{
 "cells": [
  {
   "cell_type": "markdown",
   "id": "c2b07c61",
   "metadata": {},
   "source": [
    "# PKoffee Analysis example\n",
    "\n",
    "Welcome to the **PKoffee** project analysis notebook! ☕️\n",
    "\n",
    "This project aims to analyze the relationship between coffee consumption (in cups) and productivity.
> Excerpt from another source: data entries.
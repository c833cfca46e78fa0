-- ===== src/Services/Laws.antt =====
-- The counts of the tabs and of the overview, and what is shown beside them.
use tuxwall.Base.{
  ◌+◌, ◌≤◌, ◌≡◌, refl, Bool, true, none, List, [], ◌∷◌, str_eq, keep, length, arith, Option-cases,
  inl, inr, All,
}
use tuxwall.Services.{
  Service, Known, by_unit, Counts, count_one, count_from, svc_tab_counts, active_tab, failed_tab,
  svc_matches_tab, Tab, ov_services, chip, Chip, ChipsView, chips_of, render_ov_services, add_chip,
}

-- The rows that a tab shows.
abbrev pub on_tab : Tab → List Service → List Service
on_tab tab rows = keep (svc_matches_tab tab) rows

count_from-length :
    (c : Counts) (rows : List Service)
    → ((count_from c rows).active ≡ c.active + length (on_tab active_tab rows))
      × ((count_from c rows).failed ≡ c.failed + length (on_tab failed_tab rows))
unfolding count_from svc_matches_tab
count_from-length c [] = (omega arith, omega arith)
count_from-length c (s ∷ ss) = ground (arith, count_from-length (count_one s c) ss)

on_tab-length :
    (rows : List Service)
    → length (on_tab active_tab rows) + length (on_tab failed_tab rows) ≡ length rows
unfolding svc_matches_tab
on_tab-length [] = omega arith
on_tab-length (s ∷ ss) = ground (arith, on_tab-length ss)

-- The number on each tab is the number of rows that the tab shows, and the two tabs together show
-- every service once.
pub svc_tab_counts-on_tab :
    (rows : List Service)
    → ((svc_tab_counts rows).active ≡ length (on_tab active_tab rows))
      × ((svc_tab_counts rows).failed ≡ length (on_tab failed_tab rows))
      × ((svc_tab_counts rows).active + (svc_tab_counts rows).failed ≡ length rows)
unfolding svc_tab_counts
svc_tab_counts-on_tab rows =
    let (a, f) = count_from-length (record { active = 0; failed = 0 }) rows in
    (omega (arith, a), omega (arith, f), omega (arith, a, f, on_tab-length rows))

abbrev Agrees : ChipsView → Type 0
Agrees v =
    (v.seen ≡ length v.chips)
    × (v.up ≤ v.seen)
    × All (λ (c : Chip). str_eq c.unit "nginx.service" ≡ true → c.action ≡ none) v.chips

chip-nginx :
    (is_admin : Bool) (s : Service) (k : Known)
    → str_eq (chip is_admin s k).unit "nginx.service" ≡ true
    → (chip is_admin s k).action ≡ none
unfolding chip
chip-nginx is_admin s k h = ground arith

add_chip-Agrees :
    (is_admin : Bool) (s : Service) (k : Known) (v : ChipsView)
    → Agrees v
    → Agrees (add_chip is_admin s k v)
add_chip-Agrees is_admin s k v (a, b, c) =
    (omega (arith, a), ground arith, (chip-nginx is_admin s k, c))

chips_of-Agrees :
    (is_admin : Bool) (rows : List Service) (ks : List Known) → Agrees (chips_of is_admin rows ks)
unfolding chips_of
chips_of-Agrees is_admin rows [] = (refl, omega arith, tt)
chips_of-Agrees is_admin rows (k ∷ ks) = elim (Option-cases (by_unit rows k.unit)) [
  | inl e ↦ rw (e, chips_of) (chips_of-Agrees is_admin rows ks)
  | inr (s, e) ↦
      rw (e, chips_of) (add_chip-Agrees is_admin s k _ (chips_of-Agrees is_admin rows ks))
]

-- The overview counts as many services as it shows chips, no more of them up than there are, and it
-- offers no button for nginx, which serves the dashboard.
pub render_ov_services-Agrees :
    (is_admin : Bool) (rows : List Service)
    → ((render_ov_services is_admin rows).seen ≡ length (render_ov_services is_admin rows).chips)
      × ((render_ov_services is_admin rows).up ≤ (render_ov_services is_admin rows).seen)
      × All
          (λ (c : Chip). str_eq c.unit "nginx.service" ≡ true → c.action ≡ none)
          (render_ov_services is_admin rows).chips
unfolding render_ov_services
render_ov_services-Agrees is_admin rows = chips_of-Agrees is_admin rows ov_services
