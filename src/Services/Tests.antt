-- ===== src/Services/Tests.antt =====
-- The views of three services.
use tuxwall.Base.{◌≡◌, refl, String, true, List, [], ◌∷◌}
use tuxwall.Services.{Service, failed_tab, render_ov_services, render_services}

abbrev service : String → String → Service
service u a = record { unit = u; active = a; sub = "running" }

abbrev three : List Service
three =
    service "nginx.service" "active"
    ∷ service "radvd.service" "failed"
    ∷ service "cron.service" "active"
    ∷ []

render_test :
    ((render_services true failed_tab three).failed ≡ 1)
    × ((render_ov_services true three).seen ≡ 2)
unfolding render_services render_ov_services
render_test = (refl, refl)
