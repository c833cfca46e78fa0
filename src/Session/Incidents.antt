-- ===== src/Session/Incidents.antt =====
-- The incidents: `isAdminUser`, `incidentItemHtml` and `renderIncidents`. A text is kept as what it
-- says; an id, which the buttons post, as it is.
use tuxwall.Base.{
  ℕ, zero, suc, ◌+◌, ◌≡◌, String, Bool, true, false, not, ◌&&◌, ◌||◌, Option, none, some, List, [],
  ◌∷◌, ◌++◌, map, ltb, ◌==◌, keep, take, length, if◌then◌else◌, arith, min,
}

pub record Incident : Type 0 where
  pub id : String
  -- `status === "active"`
  pub active : Bool
  pub acknowledged : Bool

pub record Feed : Type 0 where
  pub incidents : List Incident
  pub unacknowledged : ℕ
  pub critical : ℕ

pub data Button : Type 0 where
  no_button dismiss confirm : Button

-- `incidentItemHtml`
pub record Item : Type 0 where
  pub id : String
  pub is_resolved : Bool
  pub button : Button

abbrev pub item : Bool → Incident → Item
item admin i = record {
  id = i.id;
  is_resolved = not i.active;
  button =
      (if admin
        then if i.active then if i.acknowledged then no_button else confirm else dismiss
        else no_button);
}

-- "99+", or the number
pub data Badge : Type 0 where
  no_badge many : Badge
  number : ℕ → Badge

abbrev badge : ℕ → Badge
badge n = if n == 0 then no_badge else if ltb 99 n then many else number n

-- The panel: "N active, M critical" or "All clear", the items, and those under "Recent history".
pub record Panel : Type 0 where
  pub badge : Badge
  pub summary : Option (ℕ × ℕ)
  pub ack_all_hidden : Bool
  pub items : List Item
  pub history : List Item

abbrev pub active_ones : List Incident → List Incident
active_ones = keep (λ i. i.active)

abbrev pub resolved_ones : List Incident → List Incident
resolved_ones = keep (λ i. not i.active)

abbrev summary : ℕ → ℕ → Option (ℕ × ℕ)
summary active critical = if active == 0 then none else some (active, critical)

-- `renderIncidents`, for an admin or not
unfoldable pub render_incidents : Bool → Feed → Panel
render_incidents admin d = record {
  badge = badge d.unacknowledged;
  summary = summary (length (active_ones d.incidents)) d.critical;
  ack_all_hidden = not admin || d.unacknowledged == 0;
  items = map (item admin) (active_ones d.incidents);
  history = map (item admin) (take 12 (resolved_ones d.incidents));
}

abbrev pub has_button : Item → Bool
has_button t = elim t.button [ no_button ↦ false | dismiss ↦ true | confirm ↦ true ]

abbrev pub count {ℓ} : {A : Type ℓ} → (A → Bool) → List A → ℕ
count p xs = length (keep p xs)

-- What is still to be confirmed.
abbrev pub is_pending : Incident → Bool
is_pending i = i.active && not i.acknowledged

count-append :
    (xs ys : List Item) → count has_button (xs ++ ys) ≡ count has_button xs + count has_button ys
count-append [] ys = omega arith
count-append (x ∷ xs) ys = ground (arith, count-append xs ys)

active-buttons :
    (admin : Bool) (is : List Incident)
    → count has_button (map (item admin) (active_ones is))
      ≡ (if admin then count is_pending is else 0)
active-buttons admin [] = ground arith
active-buttons admin (i ∷ is) = ground (arith, active-buttons admin is)

resolved-buttons :
    (admin : Bool) (n : ℕ) (is : List Incident)
    → count has_button (map (item admin) (take n (resolved_ones is)))
      ≡ (if admin then min n (length (resolved_ones is)) else 0)
resolved-buttons admin zero is = ground arith
resolved-buttons admin (suc n) [] = ground arith
resolved-buttons admin (suc n) (i ∷ is) =
    ground (arith, resolved-buttons admin n is, resolved-buttons admin (suc n) is)

-- The buttons of the panel. An admin has one for each active incident that is not acknowledged and
-- one for each of the resolved incidents, of which at most 12 are listed; a viewer has none, and no
-- button that acknowledges all, which an admin has exactly if the server counts some as
-- unacknowledged.
pub render_incidents-buttons :
    (admin : Bool) (d : Feed)
    → (count has_button ((render_incidents admin d).items ++ (render_incidents admin d).history) ≡ (
        if admin
        then count is_pending d.incidents + min 12 (count (λ i. not i.active) d.incidents)
        else 0))
      × ((render_incidents admin d).ack_all_hidden ≡ not (admin && ltb 0 d.unacknowledged))
unfolding render_incidents
render_incidents-buttons admin d = (
  ground (
    arith,
    count-append (map (item admin) (active_ones d.incidents))
        (map (item admin) (take 12 (resolved_ones d.incidents))),
    active-buttons admin d.incidents,
    resolved-buttons admin 12 d.incidents,
  ),
  ground arith,
)
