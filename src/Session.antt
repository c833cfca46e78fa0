-- ===== src/Session.antt =====
-- www/scripts/dashboard.js: who is signed in, `fetchJSON`, `handleSessionExpired`, `bootstrapAuth`, the
-- login form, `showLoginGate`, `hideLoginGate`, the part of `applyRoleUI` that keeps state,
-- `checkSessionIdle` and `pokeSession`; and the incidents, which are polled while someone is. A request
-- under way is named by the sign-in under which it was sent. Times are in milliseconds.
pub mod Incidents
pub mod Guard
pub mod Stale
mod Tests
use tuxwall.Base.{
  ℕ, zero, suc, ◌+◌, ◌-◌, ◌*◌, String, Bool, true, false, not, ◌&&◌, ◌||◌, Option, none, some, List,
  [], ◌∷◌, ltb, ◌==◌, str_eq, any, if◌then◌else◌,
}
use tuxwall.Session.Incidents.{Feed}

pub data Role : Type 0 where
  admin viewer : Role

-- What the server says of the one who is signed in.
pub record User : Type 0 where
  pub username : String
  pub role : Role
  pub is_owner : Bool
  pub can_manage_users : Bool

-- The gate: whether it is for the first account, and its error.
pub record Gate : Type 0 where
  pub setup_mode : Bool
  pub error : String
  pub asks_totp : Bool
  pub button_disabled : Bool

pub record Session : Type 0 where
  pub authed : Bool
  -- how often someone has signed in
  pub sign_ins : ℕ
  pub role : Role
  pub is_owner : Bool
  pub can_manage_users : Bool
  pub username : String
  -- the gate, if it is shown
  pub gate : Option Gate
  pub incident_timer : Bool
  pub incident_wrap_hidden : Bool
  pub panel_open : Bool
  pub incidents : Option Feed
  pub last_ok : ℕ
  pub idle_warn : Bool
  pub banner_hidden : Bool
  pub user_menu_hidden : Bool
  -- of the button in that menu
  pub logout_hidden : Bool
  -- requests under way, each with the sign-in that it was sent under
  pub calls : List ℕ

-- The page as it is loaded. Before `bootstrapAuth` has its answer it is hidden, but not by the gate; the
-- sign-out button is hidden only with its menu.
abbrev pub start : Session
start = record {
  authed = false;
  sign_ins = 0;
  role = viewer;
  is_owner = false;
  can_manage_users = false;
  username = "";
  gate = none;
  incident_timer = false;
  incident_wrap_hidden = true;
  panel_open = false;
  incidents = none;
  last_ok = 0;
  idle_warn = false;
  banner_hidden = true;
  user_menu_hidden = true;
  logout_hidden = false;
  calls = [];
}

-- While the gate is hidden its button is enabled.
abbrev pub show_login_gate : Bool → String → Session → Session
show_login_gate setup message s = record s {
  gate =
      some (record {
        setup_mode = setup;
        error = message;
        asks_totp = false;
        button_disabled = false;
      });
}

abbrev pub stop_incident_polling : Session → Session
stop_incident_polling s = record s {
  incident_timer = false;
  incident_wrap_hidden = true;
  panel_open = false;
  incidents = none;
}

-- `refreshIncidents` up to its `await`
abbrev pub refresh_incidents : Session → Session
refresh_incidents s = if s.authed then record s { calls = s.sign_ins ∷ s.calls } else s

abbrev pub start_incident_polling : Session → Session
start_incident_polling s =
    if s.authed
    then refresh_incidents (record s { incident_wrap_hidden = false; incident_timer = true })
    else s

-- `handleSessionExpired`
unfoldable pub handle_session_expired : Session → Session
handle_session_expired s =
    if s.authed
    then show_login_gate false "Session expired. Sign in again." (
        stop_incident_polling (record s {
          authed = false;
          role = viewer;
          is_owner = false;
          can_manage_users = false;
          logout_hidden = true;
          user_menu_hidden = true;
        }))
    else s

-- The state that a sign-in sets, up to `applyRoleUI`, which starts the polling.
abbrev pub sign_in : User → Session → Session
sign_in u s = start_incident_polling (record s {
  authed = true;
  sign_ins = s.sign_ins + 1;
  role = u.role;
  is_owner = u.is_owner;
  can_manage_users = u.can_manage_users;
  logout_hidden = false;
  username = u.username;
  user_menu_hidden = false;
})

-- The answer to `bootstrapAuth`.
pub data Boot : Type 0 where
  unreachable : String → Boot
  signed_out : (setup_required : Bool) → Boot
  signed_in : User → Boot

unfoldable pub bootstrap_auth : Boot → ℕ → Session → Session
bootstrap_auth (unreachable message) now s = show_login_gate false message s
bootstrap_auth (signed_out setup) now s = show_login_gate setup "" (record s { last_ok = now })
bootstrap_auth (signed_in u) now s = sign_in u (record s { last_ok = now })

-- The answer to the login form.
pub data Login : Type 0 where
  refused : String → Login
  totp_required : Login
  accepted : User → Login

-- What the form does to the gate, if it is shown.
abbrev pub on_gate : (Gate → Gate) → Option Gate → Option Gate
on_gate f none = none
on_gate f (some g) = some (f g)

-- the submit up to its request, on a name and a password after `trim`
abbrev pub submitted_gate : String → String → Gate → Gate
submitted_gate name password g =
    if str_eq name "" || str_eq password ""
    then record g { error = "Enter a username and password." }
    else record g { button_disabled = true; error = "" }

unfoldable pub submit_login : String → String → Session → Session
submit_login name password s = record s { gate = on_gate (submitted_gate name password) s.gate }

unfoldable pub login_answer : Login → Session → Session
login_answer (refused message) s = record s {
  gate = on_gate (λ g. record g { error = message; button_disabled = false }) s.gate;
}
login_answer totp_required s = record s {
  gate =
      on_gate
        (λ g. record g {
          asks_totp = true;
          error = "Enter the 6-digit code from your authenticator app.";
          button_disabled = false;
        })
        s.gate;
}
login_answer (accepted u) s = record (sign_in u s) { gate = none }

-- An answer of `fetchJSON`: whether it is 401, and what `refreshIncidents` makes of a good one.
pub data Answer : Type 0 where
  unauthorized : Answer
  http_error : Answer
  fetched : Option Feed → Answer

pub remove_call : ℕ → List ℕ → List ℕ
remove_call n [] = []
remove_call n (c ∷ cs) = if c == n then cs else c ∷ remove_call n cs

abbrev pub show_feed : Option Feed → Session → Session
show_feed none s = s
show_feed (some f) s = record s { incidents = some f }

abbrev pub receive : Answer → ℕ → Session → Session
receive unauthorized now s = handle_session_expired s
receive http_error now s = s
receive (fetched f) now s = show_feed f (record s { last_ok = now })

-- The answer to a request that was sent under sign-in `n`; which one that is it does not look at.
unfoldable pub answered : ℕ → Answer → ℕ → Session → Session
unfolding handle_session_expired remove_call
answered n a now s =
    if any (λ c. c == n) s.calls
    then receive a now (record s { calls = remove_call n s.calls })
    else s

-- A request of another part of the page.
abbrev pub request : Session → Session
request s = record s { calls = s.sign_ins ∷ s.calls }

abbrev pub idle_limit : ℕ
idle_limit = 2 * 3600 * 1000 - 15 * 60 * 1000

-- `state.lastOk || Date.now()`: 0 is no time.
abbrev pub idle_for : ℕ → ℕ → ℕ
idle_for now last = if last == 0 then 0 else now - last

unfoldable pub check_session_idle : (hidden : Bool) → ℕ → Session → Session
check_session_idle hidden now s =
    if not s.authed || s.idle_warn || hidden || ltb (idle_for now s.last_ok) idle_limit
    then s
    else record s { idle_warn = true; banner_hidden = false }

-- `pokeSession`, with whether its request is answered with `ok`
unfoldable pub poke_session : Bool → ℕ → Session → Session
poke_session answered_ok now s =
    if s.idle_warn && answered_ok
    then record s { last_ok = now; idle_warn = false; banner_hidden = true }
    else s

-- the click on the bell, and the clicks and keys that close the panel
unfoldable pub press_bell : Session → Session
press_bell s =
    let opened = record s { panel_open = not s.panel_open } in
    if s.panel_open then opened else refresh_incidents opened

pub data Event : Type 0 where
  booted : Boot → ℕ → Event
  submitted : (name : String) → (password : String) → Event
  login_answered : Login → Event
  requested : Event
  poll_due : Event
  call_answered : ℕ → Answer → ℕ → Event
  idle_checked : (hidden : Bool) → ℕ → Event
  poked : (answered_ok : Bool) → ℕ → Event
  bell_pressed panel_closed : Event

-- The timer polls while it is set; the form is there with the gate, and takes no submit while its
-- request is under way, which only then is answered.
abbrev pub is_some_gate : Option Gate → Bool
is_some_gate none = false
is_some_gate (some g) = true

-- Whether the form's request is under way, which its button is disabled for.
abbrev pub awaits_answer : Option Gate → Bool
awaits_answer none = false
awaits_answer (some g) = g.button_disabled

pub handle : Event → Session → Session
unfolding bootstrap_auth submit_login login_answer answered check_session_idle poke_session
    press_bell
handle (booted b now) s = if s.authed || is_some_gate s.gate then s else bootstrap_auth b now s
handle (submitted name password) s =
    if awaits_answer s.gate then s else submit_login name password s
handle (login_answered l) s = if awaits_answer s.gate then login_answer l s else s
handle requested s = request s
handle poll_due s = if s.incident_timer then refresh_incidents s else s
handle (call_answered n a now) s = answered n a now s
handle (idle_checked hidden now) s = check_session_idle hidden now s
handle (poked answered_ok now) s = poke_session answered_ok now s
handle bell_pressed s = if s.incident_wrap_hidden then s else press_bell s
handle panel_closed s = record s { panel_open = false }

pub run : List Event → Session → Session
unfolding handle
run [] s = s
run (e ∷ es) s = run es (handle e s)
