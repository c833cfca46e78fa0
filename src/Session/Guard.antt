-- ===== src/Session/Guard.antt =====
-- What holds of a session whatever happens.
use tuxwall.Base.{
  ℕ, ◌≡◌, refl, Bool, true, false, not, ◌&&◌, ◌||◌, Option, none, some, List, [], ◌∷◌, any, ltb,
  ◌==◌, if-elim, arith,
}
use tuxwall.Session.{
  Session, admin, viewer, User, Gate, start, Boot, unreachable, signed_out, signed_in,
  bootstrap_auth, Login, refused, totp_required, accepted, sign_in, login_answer, submit_login,
  Answer, unauthorized, http_error, fetched, receive, answered, handle_session_expired,
  refresh_incidents, check_session_idle, poke_session, press_bell, Event, booted, submitted,
  login_answered, requested, poll_due, call_answered, idle_checked, poked, bell_pressed,
  panel_closed, handle, run, is_some_gate, awaits_answer, on_gate, submitted_gate, idle_for,
  idle_limit, remove_call,
}

-- `isAdminUser()`
abbrev pub is_admin_user : Session → Bool
is_admin_user s = elim s.role [ admin ↦ true | viewer ↦ s.is_owner ]

abbrev pub gate_shown : Session → Bool
gate_shown s = is_some_gate s.gate

-- The incidents are polled exactly while someone is signed in, the bell and the user menu with its
-- sign-out button are there exactly then, the gate is not, and nobody else has a right.
abbrev pub IsGuarded : Session → Type 0
IsGuarded s =
    (s.incident_timer ≡ s.authed)
    × (s.incident_wrap_hidden ≡ not s.authed)
    × ((s.user_menu_hidden ≡ not s.authed) × ((s.authed && s.logout_hidden) ≡ false))
    × ((s.authed && gate_shown s) ≡ false)
    × ((not s.authed && (is_admin_user s || s.can_manage_users)) ≡ false)
    × ((not s.authed && s.panel_open) ≡ false)

expired-IsGuarded : (s : Session) → IsGuarded s → IsGuarded (handle_session_expired s)
unfolding handle_session_expired
expired-IsGuarded s h =
    if-elim IsGuarded s.authed _ s (λ e. (refl, refl, (refl, refl), refl, refl, refl)) (λ e. h)

refresh-IsGuarded : (s : Session) → IsGuarded s → IsGuarded (refresh_incidents s)
refresh-IsGuarded s h = if-elim IsGuarded s.authed _ s (λ e. h) (λ e. h)

sign_in-IsGuarded : (u : User) (s : Session) → gate_shown s ≡ false → IsGuarded (sign_in u s)
sign_in-IsGuarded u s g = (refl, refl, (refl, refl), g, refl, refl)

boot-IsGuarded :
    (b : Boot) (now : ℕ) (s : Session)
    → s.authed ≡ false
    → gate_shown s ≡ false
    → IsGuarded s
    → IsGuarded (bootstrap_auth b now s)
unfolding bootstrap_auth
boot-IsGuarded (unreachable m) now s e g h = (h.0, h.1, h.2, ground (arith, e), h.4, h.5)
boot-IsGuarded (signed_out setup) now s e g h = (h.0, h.1, h.2, ground (arith, e), h.4, h.5)
boot-IsGuarded (signed_in u) now s e g h = (refl, refl, (refl, refl), g, refl, refl)

on_gate-shown : (f : Gate → Gate) (o : Option Gate) → is_some_gate (on_gate f o) ≡ is_some_gate o
on_gate-shown f none = refl
on_gate-shown f (some g) = refl

login-IsGuarded : (l : Login) (s : Session) → IsGuarded s → IsGuarded (login_answer l s)
unfolding login_answer
login-IsGuarded (refused m) s h = (
  h.0,
  h.1,
  h.2,
  ground (
    arith,
    h.3,
    on_gate-shown (λ (g : Gate). record g { error = m; button_disabled = false }) s.gate,
  ),
  h.4,
  h.5,
)
login-IsGuarded totp_required s h = (
  h.0,
  h.1,
  h.2,
  ground (
    arith,
    h.3,
    on_gate-shown
        (λ (g : Gate). record g {
          asks_totp = true;
          error = "Enter the 6-digit code from your authenticator app.";
          button_disabled = false;
        })
        s.gate,
  ),
  h.4,
  h.5,
)
login-IsGuarded (accepted u) s h = (refl, refl, (refl, refl), refl, refl, refl)

receive-IsGuarded : (a : Answer) (now : ℕ) (s : Session) → IsGuarded s → IsGuarded (receive a now s)
receive-IsGuarded unauthorized now s h = expired-IsGuarded s h
receive-IsGuarded http_error now s h = h
receive-IsGuarded (fetched none) now s h = h
receive-IsGuarded (fetched (some f)) now s h = h

bell-IsGuarded : (s : Session) → s.authed ≡ true → IsGuarded s → IsGuarded (press_bell s)
unfolding press_bell
bell-IsGuarded s e h =
    let opened = record s { panel_open = not s.panel_open } in
    let g : IsGuarded opened = (h.0, h.1, h.2, h.3, h.4, ground (arith, e)) in
    if-elim IsGuarded s.panel_open opened (refresh_incidents opened) (λ c. g)
      (λ c. refresh-IsGuarded opened g)

handle-IsGuarded : (e : Event) (s : Session) → IsGuarded s → IsGuarded (handle e s)
unfolding handle submit_login answered check_session_idle poke_session
handle-IsGuarded (booted b now) s h =
    if-elim IsGuarded (s.authed || is_some_gate s.gate) s (bootstrap_auth b now s) (λ e. h)
      (λ e. boot-IsGuarded b now s (ground (arith, e)) (ground (arith, e)) h)
handle-IsGuarded (submitted name password) s h =
    if-elim IsGuarded (awaits_answer s.gate) s (submit_login name password s) (λ e. h)
      (λ e. (
        h.0,
        h.1,
        h.2,
        ground (arith, h.3, on_gate-shown (submitted_gate name password) s.gate),
        h.4,
        h.5,
      ))
handle-IsGuarded (login_answered l) s h =
    if-elim IsGuarded (awaits_answer s.gate) (login_answer l s) s (λ e. login-IsGuarded l s h)
      (λ e. h)
handle-IsGuarded requested s h = h
handle-IsGuarded poll_due s h =
    if-elim IsGuarded s.incident_timer (refresh_incidents s) s (λ e. refresh-IsGuarded s h) (λ e. h)
handle-IsGuarded (call_answered n a now) s h =
    if-elim IsGuarded (any (λ c. c == n) s.calls)
      (receive a now (record s { calls = remove_call n s.calls })) s
      (λ e. receive-IsGuarded a now (record s { calls = remove_call n s.calls }) h) (λ e. h)
handle-IsGuarded (idle_checked hidden now) s h =
    if-elim IsGuarded
      (not s.authed || s.idle_warn || hidden || ltb (idle_for now s.last_ok) idle_limit) s
      (record s { idle_warn = true; banner_hidden = false }) (λ e. h) (λ e. h)
handle-IsGuarded (poked ok now) s h =
    if-elim IsGuarded (s.idle_warn && ok)
      (record s { last_ok = now; idle_warn = false; banner_hidden = true }) s (λ e. h) (λ e. h)
handle-IsGuarded bell_pressed s h =
    if-elim IsGuarded s.incident_wrap_hidden s (press_bell s) (λ e. h)
      (λ e. bell-IsGuarded s (ground (arith, e, h.1)) h)
handle-IsGuarded panel_closed s h = (h.0, h.1, h.2, h.3, h.4, ground arith)

run_from-IsGuarded : (es : List Event) (s : Session) → IsGuarded s → IsGuarded (run es s)
unfolding run
run_from-IsGuarded [] s h = h
run_from-IsGuarded (e ∷ es) s h = run_from-IsGuarded es (handle e s) (handle-IsGuarded e s h)

-- Whatever is answered, refused, submitted and pressed in whatever order: the incidents are polled
-- exactly while someone is signed in; the bell and the user menu are shown exactly then, the menu with
-- its sign-out button, and the gate is not; and while nobody is signed in nobody counts as an admin, may manage users, or has the
-- panel of the incidents open.
pub run-IsGuarded : (es : List Event) → IsGuarded (run es start)
run-IsGuarded es = run_from-IsGuarded es start (refl, refl, (refl, refl), refl, refl, refl)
We use several mathematical models to find the best fit for our data.\n",
    "\n",
    "## Project Structure\n",
    "\n",
    "- `pkoffee/data.py`: Data loading and cleaning.\n",
    "- `pkoffee/parametric_function.py`: Definition of various models (Quadratic, Logistic, etc.).\n",
    "- `pkoffee/productivity_analysis.py`: Logic to fit models and rank them.\n",
    "- `pkoffee/visualization.py`: Utilities to plot results."
   ]
  },
  {
   "cell_type": "code",
   "execution_count": null,
   "id": "8b520d72",
   "metadata": {},
   "outputs": [],
   "source": [
    "import sys\n",
    "from pathlib import Path\n",
    "import os\n",
    "from pkoffee.data import load_csv\n",
    "from pkoffee.productivity_analysis import fit_all_models, format_model_rankings\n",
    "from pkoffee.visualization import plot_models, Show"
   ]
  },
  {
   "cell_type": "markdown",
   "id": "51afb4da",
   "metadata": {},
   "source": [
    "## 1. Load the data\n",
    "\n",
    "The experimental data are in file `../analysis/coffee_productivity.csv`"
   ]
  },
  {
   "cell_type": "code",
   "execution_count": null,
   "id": "f67ccbe6",
   "metadata": {},
   "outputs": [],
   "source": [
    "# Load the data\n",
    "data_path = Path(\"../analysis/coffee_productivity.csv\")\n",
    "data = load_csv(data_path)\n",
    "\n",
    "print(f\"Loaded {len(data)} data points from {data_path}\")\n",
    "data.head()"
   ]
  },
  {
   "cell_type": "markdown",
   "id": "3869fd99",
   "metadata": {},
   "source": [
    "## 2. Model Fitting\n",
    "\n",
    "We will now fit several parametric models to the data:\n",
    "- **Quadratic**: $f(x) = a_0 + a_1 x + a_2 x^2$\n",
    "- **Michaelis-Menten**: $f(x) = y_0 + V_{max} \\frac{x}{K + x}$\n",
    "- **Logistic**: $f(x) = y_0 + \\frac{L}{1 + e^{-k(x - x_0)}}$\n",
    "- **Peak Model**: $f(x) = a \\cdot x \\cdot e^{-x/b}$\n",
    "\n",
    "The `fit_all_models` function will run the optimization for all these models and rank them using the $R^2$ score."
   ]
  },
  {
   "cell_type": "code",
   "execution_count": null,
   "id": "0475ff25",
   "metadata": {},
   "outputs": [],
   "source": [
    "# Fit all models\n",
    "fitted_models = fit_all_models(data)\n",
    "\n",
    "# Print rankings\n",
    "print(\"Model Rankings (by R²):\")\n",
    "print(format_model_rankings(fitted_models))"
   ]
  },
  {
   "cell_type": "markdown",
   "id": "1a091164",
   "metadata": {},
   "source": [
    "## 3. Visualization\n",
    "\n",
    "Finally, we visualize the data distribution using a violin plot and overlay the fitted model curves to see which one accurately captures the \"coffee sweet spot\"."
   ]
  },
  {
   "cell_type": "code",
   "execution_count": null,
   "id": "32cb8acd",
   "metadata": {},
   "outputs": [],
   "source": [
    "plot_models(data, fitted_models, show=Show.YES)"
   ]
  }
 ],
 "metadata": {
  "kernelspec": {
   "display_name": "Python 3",
   "language": "python",
   "name": "python3"
  },
  "language_info": {
   "codemirror_mode": {
    "name": "ipython",
    "version": 3
   },
   "file_extension": ".py",
   "mimetype": "text/x-python",
   "name": "python",
   "nbconvert_exporter": "python",
   "pygments_lexer": "ipython3",
   "version": "3.13.10"
  }
 },
 "nbformat": 4,
 "nbformat_minor": 5
}